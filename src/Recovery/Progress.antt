-- ===== src/Recovery/Progress.antt =====
-- The recovery ends, and stops before its end only where a process has given up.
use persimmon.Base.{
  ℕ, suc, ◌+◌, ◌*◌, ◌≤◌, ◌<◌, ◌≡◌, refl, sym, subst, ap, false, List, [], ◌∷◌, ◌++◌, map, length,
  Memory, arith, ◌⊎◌, inl, inr, Bool-cases, All,
}
use persimmon.Region.{Region}
use persimmon.RegionManager.{RegionManager, send_regions}
use persimmon.RegionFile.{Try, failed, ok}
use persimmon.Recovery.{ℤ, pos, Message, region, tail, recovery_messages, is_sentinel}
use persimmon.Recovery.Steps.{
  Background, sending, waiting, resumed, aborted, Foreground, mapping, reading_tail, signalling,
  signalled, returned, failed_to_close, returned_error, System, Step, send, close_btf, resume,
  map_region, read_sentinel, read_tail, signal, close_ftb, fail, BeforeByte, BeforeEnd, Failure,
  fail_call, fail_close, abort, Run, here, next, fails, unsent, start,
}
use persimmon.Recovery.Places.{Alive, Woken, NotSentinel}
use persimmon.Recovery.Order.{Expect, Run-Inv}

-- The background process has gone on, and the foreground has returned, behind its byte.
abbrev pub IsFinal : System → Type 0
IsFinal s =
    (s.background ≡ resumed)
    × (rs : List Region) × (t : ℤ) × ((s.foreground ≡ returned rs t)
        ⊎ ((e : ℕ) × (s.foreground ≡ failed_to_close rs t e)))

-- The foreground has returned an error before its byte, or the background process has failed an assertion.
abbrev pub GaveUp : System → Type 0
GaveUp s = ((e : ℕ) × (s.foreground ≡ returned_error e)) ⊎ (s.background ≡ aborted)

-- How far each process is from its end.
abbrev before_end : Background → ℕ
before_end (sending msgs) = 3 + 2 * length msgs
before_end waiting = 2
before_end resumed = 1
before_end aborted = 0

abbrev before_return : Foreground → ℕ
before_return (mapping rs) = 5
before_return (reading_tail rs) = 4
before_return (signalling rs t) = 3
before_return (signalled rs t) = 2
before_return (returned rs t) = 1
before_return (failed_to_close rs t e) = 1
before_return (returned_error e) = 0

abbrev measure : System → ℕ
measure s = before_end s.background + length s.btf + before_return s.foreground

before_end-BeforeEnd : (b : Background) → BeforeEnd b → 1 < before_end b
before_end-BeforeEnd (sending msgs) h = omega arith
before_end-BeforeEnd waiting h = omega arith
before_end-BeforeEnd resumed h = absurd h
before_end-BeforeEnd aborted h = absurd h

before_return-BeforeByte : (f : Foreground) → BeforeByte f → 2 < before_return f
before_return-BeforeByte (mapping rs) h = omega arith
before_return-BeforeByte (reading_tail rs) h = omega arith
before_return-BeforeByte (signalling rs t) h = omega arith
before_return-BeforeByte (signalled rs t) h = absurd h
before_return-BeforeByte (returned rs t) h = absurd h
before_return-BeforeByte (failed_to_close rs t e) h = absurd h
before_return-BeforeByte (returned_error e) h = absurd h

messages-length :
    (rs : List Region) (sentinel : Region) (t : ℤ)
    → length (map region (rs ++ (sentinel ∷ [])) ++ (tail t ∷ [])) ≡ length rs + 2
messages-length [] sentinel t = refl
messages-length (r ∷ rs) sentinel t = let later = messages-length rs sentinel t in omega arith

length-append-one :
    (msgs : List Message) (msg : Message) → length (msgs ++ (msg ∷ [])) ≡ suc (length msgs)
length-append-one [] msg = refl
length-append-one (m ∷ msgs) msg = ap suc (length-append-one msgs msg)

module _ (capacity : ℕ) (load : Region → Memory → Try Memory) where
  Step-measure : (s s' : System) → Step capacity load s s' → measure s' < measure s
  Step-measure s _ (send _ msg rest e l) =
      let one = length-append-one s.btf msg in let b = ap before_end e in omega arith
  Step-measure s _ (close_btf _ e) = let b = ap before_end e in omega arith
  Step-measure s _ (resume _ n e e') = let b = ap before_end e in omega arith
  Step-measure s _ (map_region _ mapped r rest m f e n l) =
      let b = ap before_return f in
      let p = ap (λ (msgs : List Message). length msgs) e in omega arith
  Step-measure s _ (read_sentinel _ mapped r rest f e n) =
      let b = ap before_return f in
      let p = ap (λ (msgs : List Message). length msgs) e in omega arith
  Step-measure s _ (read_tail _ mapped t rest f e) =
      let b = ap before_return f in
      let p = ap (λ (msgs : List Message). length msgs) e in omega arith
  Step-measure s _ (signal _ mapped t f) = let b = ap before_return f in omega arith
  Step-measure s _ (fail _ mapped r rest e f b n l) =
      let b' = ap before_return f in
      let p = ap (λ (msgs : List Message). length msgs) b in omega arith
  Step-measure s _ (close_ftb _ mapped t f) = let b = ap before_return f in omega arith

  Failure-measure : (s s' : System) → Failure capacity load s s' → measure s' < measure s
  Failure-measure s _ (fail_call _ e h) =
      let more = before_return-BeforeByte s.foreground h in omega arith
  Failure-measure s _ (fail_close _ mapped t e f) = let b = ap before_return f in omega arith
  Failure-measure s _ (abort _ h) = let more = before_end-BeforeEnd s.background h in omega arith

  -- The number of steps of a run, those that fail included.
  abbrev pub steps : (first s : System) → Run capacity load first s → ℕ
  steps first _ here = 0
  steps first _ (next {s = s} run step) = suc (steps first s run)
  steps first _ (fails {s = s} run failure) = suc (steps first s run)

  Run-measure :
      (first s : System) (run : Run capacity load first s)
      → steps first s run + measure s ≤ measure first
  Run-measure first _ here = omega arith
  Run-measure first _ (next {s = s} {s' = s'} run step) =
      let before = Run-measure first s run in let less = Step-measure s s' step in omega arith
  Run-measure first _ (fails {s = s} {s' = s'} run failure) =
      let before = Run-measure first s run in let less = Failure-measure s s' failure in omega arith

  -- A step other than the failure of a system call, where a load that fails is a step too.
  abbrev pub CanStep : System → Type 0
  CanStep s = (s' : System) × Step capacity load s s'

  module _ (mrm : RegionManager) (recovered_tail : ℕ) (m₀ : Memory) (room : 0 < capacity) where
    abbrev state : Background → Foreground → List Message → ℕ → Memory → System
    state b f btf ftb m = record {
      background = b;
      foreground = f;
      btf = btf;
      ftb = ftb;
      memory = m;
    }

    -- An empty pipe, where something is still to come: it can be sent.
    can_send :
        (b : Background) (f : Foreground) (ftb : ℕ) (m : Memory) (msg : Message)
        (msgs : List Message)
        → unsent b ≡ msg ∷ msgs
        → CanStep (state b f [] ftb m)
    can_send (sending []) f ftb m msg msgs e = absurd cc
    can_send (sending (msg' ∷ rest)) f ftb m msg msgs e = (_, send _ msg' rest refl room)
    can_send waiting f ftb m msg msgs e = absurd cc
    can_send resumed f ftb m msg msgs e = absurd cc
    can_send aborted f ftb m msg msgs e = absurd cc

    try_load :
        (b : Background) (rs : List Region) (r : Region) (rest : List Message) (ftb : ℕ)
        (m : Memory) (result : Try Memory)
        → is_sentinel r ≡ false
        → load r m ≡ result
        → CanStep (state b (mapping rs) (region r ∷ rest) ftb m)
    try_load b rs r rest ftb m (ok m') n e = (_, map_region _ rs r rest m' refl refl n e)
    try_load b rs r rest ftb m (failed err) n e = (_, fail _ rs r rest err refl refl n e)

    can_map :
        (b : Background) (rs : List Region) (btf : List Message) (ftb : ℕ) (m : Memory)
        → Expect capacity load mrm recovered_tail m₀ (mapping rs) (btf ++ unsent b) ftb b m
        → CanStep (state b (mapping rs) btf ftb m)
    can_map b rs [] ftb m ([], e, a, s, z, y, x) = can_send b (mapping rs) ftb m _ _ s
    can_map b rs [] ftb m (r ∷ todo, e, a, s, z, y, x) = can_send b (mapping rs) ftb m _ _ s
    can_map b rs (region r ∷ rest) ftb m x = elim (Bool-cases (is_sentinel r)) [
      | inl last ↦ (_, read_sentinel _ rs r rest refl refl last)
      | inr more ↦ try_load b rs r rest ftb m (load r m) more refl
    ]
    can_map b rs (tail t ∷ rest) ftb m ([], e, a, s, z, y, x) = absurd cc
    can_map b rs (tail t ∷ rest) ftb m (r ∷ todo, e, a, s, z, y, x) = absurd cc

    -- Behind the byte, the background process goes on.
    signalled_next :
        (b : Background) (f : Foreground) (btf : List Message) (ftb : ℕ) (m : Memory)
        → btf ++ unsent b ≡ []
        → Woken ftb b
        → (b ≡ resumed) ⊎ CanStep (state b f btf ftb m)
    signalled_next (sending []) f btf ftb m s z = inr (_, close_btf _ refl)
    signalled_next (sending (msg ∷ msgs)) f [] ftb m s z = absurd cc
    signalled_next (sending (msg ∷ msgs)) f (first ∷ btf) ftb m s z = absurd cc
    signalled_next waiting f btf ftb m s z = inr (_, resume _ 0 refl z)
    signalled_next resumed f btf ftb m s z = inl refl
    signalled_next aborted f btf ftb m s z = absurd z

    progress :
        (b : Background) (f : Foreground) (btf : List Message) (ftb : ℕ) (m : Memory)
        → Expect capacity load mrm recovered_tail m₀ f (btf ++ unsent b) ftb b m
        → IsFinal (state b f btf ftb m)
          ⊎ CanStep (state b f btf ftb m)
          ⊎ GaveUp (state b f btf ftb m)
    progress b (mapping rs) btf ftb m x = inr (inl (can_map b rs btf ftb m x))
    progress b (reading_tail rs) [] ftb m (e, s, z, y, x) =
        inr (inl (can_send b (reading_tail rs) ftb m _ _ s))
    progress b (reading_tail rs) (tail t ∷ rest) ftb m x =
        inr (inl (_, read_tail _ rs t rest refl refl))
    progress b (reading_tail rs) (region r ∷ rest) ftb m (e, s, z, y, x) = absurd cc
    progress b (signalling rs t) btf ftb m x = inr (inl (_, signal _ rs t refl))
    progress b (signalled rs t) btf ftb m x = inr (inl (_, close_ftb _ rs t refl))
    progress b (returned rs t) btf ftb m (e, e', s, z, x) =
        elim (signalled_next b (returned rs t) btf ftb m s z) [
          | inl over ↦ inl (over, rs, t, inl refl)
          | inr further ↦ inr (inl further)
        ]
    progress b (failed_to_close rs t err) btf ftb m (e, e', s, z, x) =
        elim (signalled_next b (failed_to_close rs t err) btf ftb m s z) [
          | inl over ↦ inl (over, rs, t, inr (err, refl))
          | inr further ↦ inr (inl further)
        ]
    progress b (returned_error e) btf ftb m x = inr (inr (inl (e, refl)))

    -- Nothing of the foreground moves any more once its error is returned.
    blocked :
        (s : System) (e : ℕ)
        → s.foreground ≡ returned_error e
        → s.background ≡ waiting
        → s.ftb ≡ 0
        → (s' : System) → Step capacity load s s'
        → ⊥
    blocked s e f b z _ (send _ msg rest b' l) = cc
    blocked s e f b z _ (close_btf _ b') = cc
    blocked s e f b z _ (resume _ n b' z') = absurd (omega arith)
    blocked s e f b z _ (map_region _ mapped r rest m f' p n l) = cc
    blocked s e f b z _ (read_sentinel _ mapped r rest f' p n) = cc
    blocked s e f b z _ (read_tail _ mapped t rest f' p) = cc
    blocked s e f b z _ (signal _ mapped t f') = cc
    blocked s e f b z _ (close_ftb _ mapped t f') = cc
    blocked s e f b z _ (fail _ mapped r rest e' f' p n l) = cc

    background_cases : (b : Background) → Alive b ⊎ (b ≡ aborted)
    background_cases (sending msgs) = inl tt
    background_cases waiting = inl tt
    background_cases resumed = inl tt
    background_cases aborted = inr refl

    no_byte :
        (s : System) (e : ℕ)
        → s.foreground ≡ returned_error e
        → Expect capacity load mrm recovered_tail m₀ s.foreground
            (s.btf ++ unsent s.background)
            s.ftb
            s.background
            s.memory
        → s.ftb ≡ 0
    no_byte s e f x =
        (subst
          (λ f.
            Expect capacity load mrm recovered_tail m₀ f (s.btf ++ unsent s.background) s.ftb
              s.background s.memory)
          f x).0

    -- The recovery has no more than 2 n + 12 steps for n regions, whatever the order of the steps, whatever
    -- system calls fail, and however small the pipe. In each state that it reaches, the background process has gone
    -- on and the foreground has returned, or one of them can make a step, a load that fails included, or one
    -- has given up before the hand-over. Where the foreground has given up, with its ends of the pipes left open, and the
    -- background process waits for the byte, neither can make a step: that is a deadlock. This is so if no region is
    -- empty and the pipe takes a message.
    pub recovery-ends :
        (s : System)
        → All NotSentinel mrm.regions
        → (run : Run capacity load (start mrm recovered_tail m₀) s)
        → (steps _ s run ≤ 2 * length mrm.regions + 12)
          × (IsFinal s ⊎ CanStep s ⊎ GaveUp s)
          × ((e : ℕ) → s.foreground ≡ returned_error e → s.background ≡ waiting → ¬ CanStep s)
    unfolding recovery_messages send_regions
    recovery-ends s a run =
        let few = Run-measure _ s run in
        let inv = Run-Inv capacity load mrm recovered_tail m₀ s a run in
        (
          let n =
                messages-length mrm.regions (record { base = 0; size = 0; file_id = 0 })
                  (pos recovered_tail) in
              omega arith,
          elim (background_cases s.background) [
            | inl alive ↦ progress s.background s.foreground s.btf s.ftb s.memory (inv alive)
            | inr gone ↦ inr (inr (inr gone))
          ],
          λ e f b can. blocked s e f b (no_byte s e f (inv (subst Alive (sym b) tt))) can.0 can.1,
        )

**Problem**
All lines above from the line with "-- Behind the" through the line with "signalled_next (sending (msg ∷ msgs)) f (first", both included, are to be set down exactly, with nothing else.

**Solution to this task**
    -- Behind the byte, the background process goes on.
    signalled_next :
        (b : Background) (f : Foreground) (btf : List Message) (ftb : ℕ) (m : Memory)
        → btf ++ unsent b ≡ []
        → Woken ftb b
        → (b ≡ resumed) ⊎ CanStep (state b f btf ftb m)
    signalled_next (sending []) f btf ftb m s z = inr (_, close_btf _ refl)
    signalled_next (sending (msg ∷ msgs)) f [] ftb m s z = absurd cc
    signalled_next (sending (msg ∷ msgs)) f (first ∷ btf) ftb m s z = absurd cc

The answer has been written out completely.